* Exercise goal: Instruction for the entries that follow: retype exactly the lines from the line with "tail_expired_in_lem bridging w" to the line with "tail_expired_lem id w", both included, and omit all others.

* Entries taken from a collection:
+===+

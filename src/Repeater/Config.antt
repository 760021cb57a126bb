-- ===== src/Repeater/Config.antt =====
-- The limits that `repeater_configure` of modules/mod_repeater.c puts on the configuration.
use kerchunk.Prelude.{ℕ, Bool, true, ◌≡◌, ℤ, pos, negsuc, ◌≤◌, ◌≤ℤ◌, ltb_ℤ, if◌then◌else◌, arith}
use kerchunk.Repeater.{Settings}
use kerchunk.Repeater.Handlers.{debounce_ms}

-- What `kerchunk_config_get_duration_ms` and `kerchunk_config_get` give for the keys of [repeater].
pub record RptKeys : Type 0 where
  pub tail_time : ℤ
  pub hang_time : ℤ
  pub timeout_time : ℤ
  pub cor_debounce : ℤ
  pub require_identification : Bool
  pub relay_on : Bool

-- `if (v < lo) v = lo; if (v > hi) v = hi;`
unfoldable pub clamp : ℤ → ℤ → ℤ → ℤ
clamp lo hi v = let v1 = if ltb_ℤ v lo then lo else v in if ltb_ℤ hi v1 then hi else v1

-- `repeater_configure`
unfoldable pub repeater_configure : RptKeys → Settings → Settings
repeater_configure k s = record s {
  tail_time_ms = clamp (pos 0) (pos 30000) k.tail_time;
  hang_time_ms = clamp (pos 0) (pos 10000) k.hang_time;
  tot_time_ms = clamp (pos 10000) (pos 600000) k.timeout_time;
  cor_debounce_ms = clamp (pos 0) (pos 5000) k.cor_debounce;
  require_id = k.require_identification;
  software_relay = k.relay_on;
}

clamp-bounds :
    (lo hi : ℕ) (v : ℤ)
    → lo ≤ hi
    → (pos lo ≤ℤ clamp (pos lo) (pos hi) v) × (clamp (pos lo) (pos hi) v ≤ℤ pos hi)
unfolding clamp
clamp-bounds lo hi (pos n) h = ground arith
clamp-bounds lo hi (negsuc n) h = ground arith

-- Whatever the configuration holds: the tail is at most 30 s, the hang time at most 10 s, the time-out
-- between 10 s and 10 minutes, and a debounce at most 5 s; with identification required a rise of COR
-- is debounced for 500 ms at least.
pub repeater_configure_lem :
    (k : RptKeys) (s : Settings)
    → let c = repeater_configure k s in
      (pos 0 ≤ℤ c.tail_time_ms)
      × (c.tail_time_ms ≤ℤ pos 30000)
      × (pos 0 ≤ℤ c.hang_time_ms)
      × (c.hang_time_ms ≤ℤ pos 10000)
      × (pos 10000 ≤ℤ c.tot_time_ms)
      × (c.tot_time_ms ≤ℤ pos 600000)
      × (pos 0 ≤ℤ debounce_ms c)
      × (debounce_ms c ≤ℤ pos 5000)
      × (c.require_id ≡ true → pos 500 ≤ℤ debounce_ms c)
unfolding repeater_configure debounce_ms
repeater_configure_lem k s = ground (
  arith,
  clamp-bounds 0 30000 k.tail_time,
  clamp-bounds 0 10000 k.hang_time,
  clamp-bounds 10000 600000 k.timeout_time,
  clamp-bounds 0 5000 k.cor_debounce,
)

+===+

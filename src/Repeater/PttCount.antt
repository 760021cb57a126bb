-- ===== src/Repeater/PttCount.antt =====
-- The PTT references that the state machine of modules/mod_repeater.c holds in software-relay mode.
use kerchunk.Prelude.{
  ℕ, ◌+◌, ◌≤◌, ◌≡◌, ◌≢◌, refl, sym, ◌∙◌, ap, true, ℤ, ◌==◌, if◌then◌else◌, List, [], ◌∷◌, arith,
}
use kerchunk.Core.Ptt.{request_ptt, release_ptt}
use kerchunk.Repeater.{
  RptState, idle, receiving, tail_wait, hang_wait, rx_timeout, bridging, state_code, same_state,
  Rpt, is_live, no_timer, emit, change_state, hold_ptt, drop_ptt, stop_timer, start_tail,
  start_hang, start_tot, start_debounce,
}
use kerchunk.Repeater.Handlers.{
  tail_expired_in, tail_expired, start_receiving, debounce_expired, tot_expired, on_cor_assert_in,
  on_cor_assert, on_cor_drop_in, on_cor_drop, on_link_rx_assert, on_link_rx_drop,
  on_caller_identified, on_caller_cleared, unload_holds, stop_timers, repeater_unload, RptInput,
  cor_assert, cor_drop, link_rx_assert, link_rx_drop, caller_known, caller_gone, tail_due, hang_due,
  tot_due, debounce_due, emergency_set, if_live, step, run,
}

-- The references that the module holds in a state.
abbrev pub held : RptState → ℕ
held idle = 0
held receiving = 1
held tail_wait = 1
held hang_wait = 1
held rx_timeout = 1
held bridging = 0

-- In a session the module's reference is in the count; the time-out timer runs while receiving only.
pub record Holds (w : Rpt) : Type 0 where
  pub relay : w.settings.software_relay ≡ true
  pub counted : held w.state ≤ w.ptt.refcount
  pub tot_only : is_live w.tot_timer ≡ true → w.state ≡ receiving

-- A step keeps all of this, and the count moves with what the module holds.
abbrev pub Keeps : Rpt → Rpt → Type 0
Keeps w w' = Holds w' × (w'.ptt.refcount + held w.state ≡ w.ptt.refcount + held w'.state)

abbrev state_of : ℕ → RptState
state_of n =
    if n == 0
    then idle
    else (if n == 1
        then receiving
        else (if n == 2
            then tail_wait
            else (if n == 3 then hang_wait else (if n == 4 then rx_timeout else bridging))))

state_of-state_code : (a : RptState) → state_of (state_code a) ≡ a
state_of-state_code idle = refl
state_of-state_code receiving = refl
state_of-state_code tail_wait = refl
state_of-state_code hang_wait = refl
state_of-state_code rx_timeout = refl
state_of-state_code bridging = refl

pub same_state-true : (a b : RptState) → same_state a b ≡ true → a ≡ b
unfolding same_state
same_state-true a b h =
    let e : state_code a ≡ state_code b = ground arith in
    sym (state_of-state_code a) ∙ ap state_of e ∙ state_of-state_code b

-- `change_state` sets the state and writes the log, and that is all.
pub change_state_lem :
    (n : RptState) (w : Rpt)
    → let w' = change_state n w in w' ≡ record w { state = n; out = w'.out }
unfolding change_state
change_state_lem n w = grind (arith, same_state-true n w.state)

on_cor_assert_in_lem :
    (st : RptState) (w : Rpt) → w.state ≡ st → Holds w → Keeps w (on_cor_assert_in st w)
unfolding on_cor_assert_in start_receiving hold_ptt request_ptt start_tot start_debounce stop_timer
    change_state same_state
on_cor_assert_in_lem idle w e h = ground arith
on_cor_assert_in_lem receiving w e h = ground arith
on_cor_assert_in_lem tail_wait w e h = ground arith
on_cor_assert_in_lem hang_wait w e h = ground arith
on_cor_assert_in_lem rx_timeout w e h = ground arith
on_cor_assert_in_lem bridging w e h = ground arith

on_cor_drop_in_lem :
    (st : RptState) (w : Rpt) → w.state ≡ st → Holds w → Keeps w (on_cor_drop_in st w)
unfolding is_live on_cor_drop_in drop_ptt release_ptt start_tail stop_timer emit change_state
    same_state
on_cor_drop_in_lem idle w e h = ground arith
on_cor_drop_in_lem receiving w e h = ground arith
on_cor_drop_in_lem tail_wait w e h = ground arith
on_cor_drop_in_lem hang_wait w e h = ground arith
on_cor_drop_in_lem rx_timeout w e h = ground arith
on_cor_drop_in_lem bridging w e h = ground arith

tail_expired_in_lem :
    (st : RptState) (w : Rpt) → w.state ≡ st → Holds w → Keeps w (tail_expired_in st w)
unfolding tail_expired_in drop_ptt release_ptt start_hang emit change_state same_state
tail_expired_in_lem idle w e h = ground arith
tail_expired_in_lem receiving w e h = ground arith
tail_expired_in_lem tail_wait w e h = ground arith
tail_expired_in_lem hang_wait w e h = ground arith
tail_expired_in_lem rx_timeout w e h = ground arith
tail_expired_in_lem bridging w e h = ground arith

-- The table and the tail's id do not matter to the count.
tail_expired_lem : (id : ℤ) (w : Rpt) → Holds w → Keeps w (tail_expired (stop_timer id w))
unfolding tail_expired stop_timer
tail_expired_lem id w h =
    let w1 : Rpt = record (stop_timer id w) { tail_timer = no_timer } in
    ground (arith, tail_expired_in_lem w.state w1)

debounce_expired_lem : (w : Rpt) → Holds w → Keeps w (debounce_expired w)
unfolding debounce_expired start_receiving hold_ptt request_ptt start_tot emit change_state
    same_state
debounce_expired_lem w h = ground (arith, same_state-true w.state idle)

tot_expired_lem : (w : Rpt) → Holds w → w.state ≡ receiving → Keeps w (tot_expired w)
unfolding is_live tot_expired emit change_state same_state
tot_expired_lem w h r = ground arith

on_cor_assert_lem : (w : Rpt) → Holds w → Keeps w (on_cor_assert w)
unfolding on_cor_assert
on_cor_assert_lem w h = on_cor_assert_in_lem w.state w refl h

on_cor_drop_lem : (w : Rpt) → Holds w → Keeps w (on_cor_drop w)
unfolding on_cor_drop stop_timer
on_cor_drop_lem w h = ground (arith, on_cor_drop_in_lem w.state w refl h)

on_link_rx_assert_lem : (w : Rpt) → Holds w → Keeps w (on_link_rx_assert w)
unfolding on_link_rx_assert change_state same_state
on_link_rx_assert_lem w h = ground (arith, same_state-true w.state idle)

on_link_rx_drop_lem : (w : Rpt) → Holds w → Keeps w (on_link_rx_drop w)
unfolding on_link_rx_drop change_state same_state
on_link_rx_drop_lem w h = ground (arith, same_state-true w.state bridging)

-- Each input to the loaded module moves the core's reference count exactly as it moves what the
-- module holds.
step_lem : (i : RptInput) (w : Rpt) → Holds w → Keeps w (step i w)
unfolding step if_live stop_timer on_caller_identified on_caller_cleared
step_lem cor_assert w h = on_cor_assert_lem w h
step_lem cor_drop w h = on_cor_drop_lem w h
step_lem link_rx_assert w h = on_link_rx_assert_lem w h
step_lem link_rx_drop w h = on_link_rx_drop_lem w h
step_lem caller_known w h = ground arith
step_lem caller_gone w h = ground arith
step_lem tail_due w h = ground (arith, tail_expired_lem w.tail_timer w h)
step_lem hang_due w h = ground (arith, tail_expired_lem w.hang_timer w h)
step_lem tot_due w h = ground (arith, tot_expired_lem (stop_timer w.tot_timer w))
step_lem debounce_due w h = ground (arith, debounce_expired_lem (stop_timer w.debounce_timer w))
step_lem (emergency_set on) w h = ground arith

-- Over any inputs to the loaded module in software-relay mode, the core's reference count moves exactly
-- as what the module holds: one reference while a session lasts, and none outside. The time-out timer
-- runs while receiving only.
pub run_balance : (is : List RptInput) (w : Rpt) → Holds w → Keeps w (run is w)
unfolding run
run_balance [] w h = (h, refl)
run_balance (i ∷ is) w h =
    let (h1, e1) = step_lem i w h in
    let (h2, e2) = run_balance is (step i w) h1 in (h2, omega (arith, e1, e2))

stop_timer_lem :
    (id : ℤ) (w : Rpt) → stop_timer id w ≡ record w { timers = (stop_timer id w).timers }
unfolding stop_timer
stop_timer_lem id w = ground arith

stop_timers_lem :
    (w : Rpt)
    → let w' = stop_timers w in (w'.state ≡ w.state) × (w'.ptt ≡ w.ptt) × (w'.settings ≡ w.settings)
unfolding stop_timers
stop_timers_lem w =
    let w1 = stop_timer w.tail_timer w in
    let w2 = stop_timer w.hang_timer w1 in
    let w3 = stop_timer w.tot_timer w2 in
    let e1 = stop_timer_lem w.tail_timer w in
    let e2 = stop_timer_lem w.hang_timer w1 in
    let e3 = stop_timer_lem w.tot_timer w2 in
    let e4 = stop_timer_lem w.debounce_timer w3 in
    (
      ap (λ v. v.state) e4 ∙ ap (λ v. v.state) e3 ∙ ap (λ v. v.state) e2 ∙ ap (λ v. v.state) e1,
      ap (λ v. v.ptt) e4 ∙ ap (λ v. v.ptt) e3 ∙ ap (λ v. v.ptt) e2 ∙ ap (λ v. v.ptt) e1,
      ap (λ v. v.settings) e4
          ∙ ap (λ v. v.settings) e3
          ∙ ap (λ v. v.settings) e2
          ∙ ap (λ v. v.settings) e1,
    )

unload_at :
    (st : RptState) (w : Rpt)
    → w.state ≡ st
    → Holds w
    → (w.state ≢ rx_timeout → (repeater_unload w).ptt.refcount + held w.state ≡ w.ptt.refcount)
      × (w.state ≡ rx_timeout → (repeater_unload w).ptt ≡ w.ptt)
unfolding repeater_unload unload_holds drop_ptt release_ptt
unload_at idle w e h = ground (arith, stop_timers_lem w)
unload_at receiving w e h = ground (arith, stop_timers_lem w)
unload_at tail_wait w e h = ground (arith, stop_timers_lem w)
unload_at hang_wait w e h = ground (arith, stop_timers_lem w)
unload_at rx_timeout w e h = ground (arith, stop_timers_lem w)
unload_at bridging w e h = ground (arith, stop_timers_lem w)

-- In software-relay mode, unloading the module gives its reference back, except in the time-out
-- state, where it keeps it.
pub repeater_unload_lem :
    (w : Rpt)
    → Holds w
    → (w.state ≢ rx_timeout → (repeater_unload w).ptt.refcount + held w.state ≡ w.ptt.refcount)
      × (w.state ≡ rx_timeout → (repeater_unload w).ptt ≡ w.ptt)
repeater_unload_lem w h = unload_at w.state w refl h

+===+

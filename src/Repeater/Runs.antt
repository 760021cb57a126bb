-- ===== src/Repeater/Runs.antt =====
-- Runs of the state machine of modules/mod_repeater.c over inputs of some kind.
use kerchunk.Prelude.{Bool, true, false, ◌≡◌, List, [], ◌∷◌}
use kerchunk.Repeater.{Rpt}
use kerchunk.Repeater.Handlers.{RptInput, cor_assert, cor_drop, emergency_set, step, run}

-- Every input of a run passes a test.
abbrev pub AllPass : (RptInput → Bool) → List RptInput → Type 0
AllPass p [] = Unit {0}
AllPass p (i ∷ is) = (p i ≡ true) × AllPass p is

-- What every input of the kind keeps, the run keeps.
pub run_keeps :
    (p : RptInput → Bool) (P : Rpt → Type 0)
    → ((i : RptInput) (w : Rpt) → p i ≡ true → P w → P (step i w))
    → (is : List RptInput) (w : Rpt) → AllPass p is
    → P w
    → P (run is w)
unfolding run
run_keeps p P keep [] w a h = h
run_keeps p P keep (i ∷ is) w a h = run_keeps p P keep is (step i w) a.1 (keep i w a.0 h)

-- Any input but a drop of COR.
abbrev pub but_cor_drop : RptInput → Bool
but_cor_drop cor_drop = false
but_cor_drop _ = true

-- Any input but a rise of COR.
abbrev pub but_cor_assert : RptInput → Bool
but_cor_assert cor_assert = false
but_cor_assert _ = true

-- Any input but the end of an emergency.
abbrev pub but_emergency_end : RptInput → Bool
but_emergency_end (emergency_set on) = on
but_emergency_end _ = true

+===+

* Exercise answer:
tail_expired_in_lem bridging w e h = ground arith

-- The table and the tail's id do not matter to the count.
tail_expired_lem : (id : ℤ) (w : Rpt) → Holds w → Keeps w (tail_expired (stop_timer id w))
unfolding tail_expired stop_timer
tail_expired_lem id w h =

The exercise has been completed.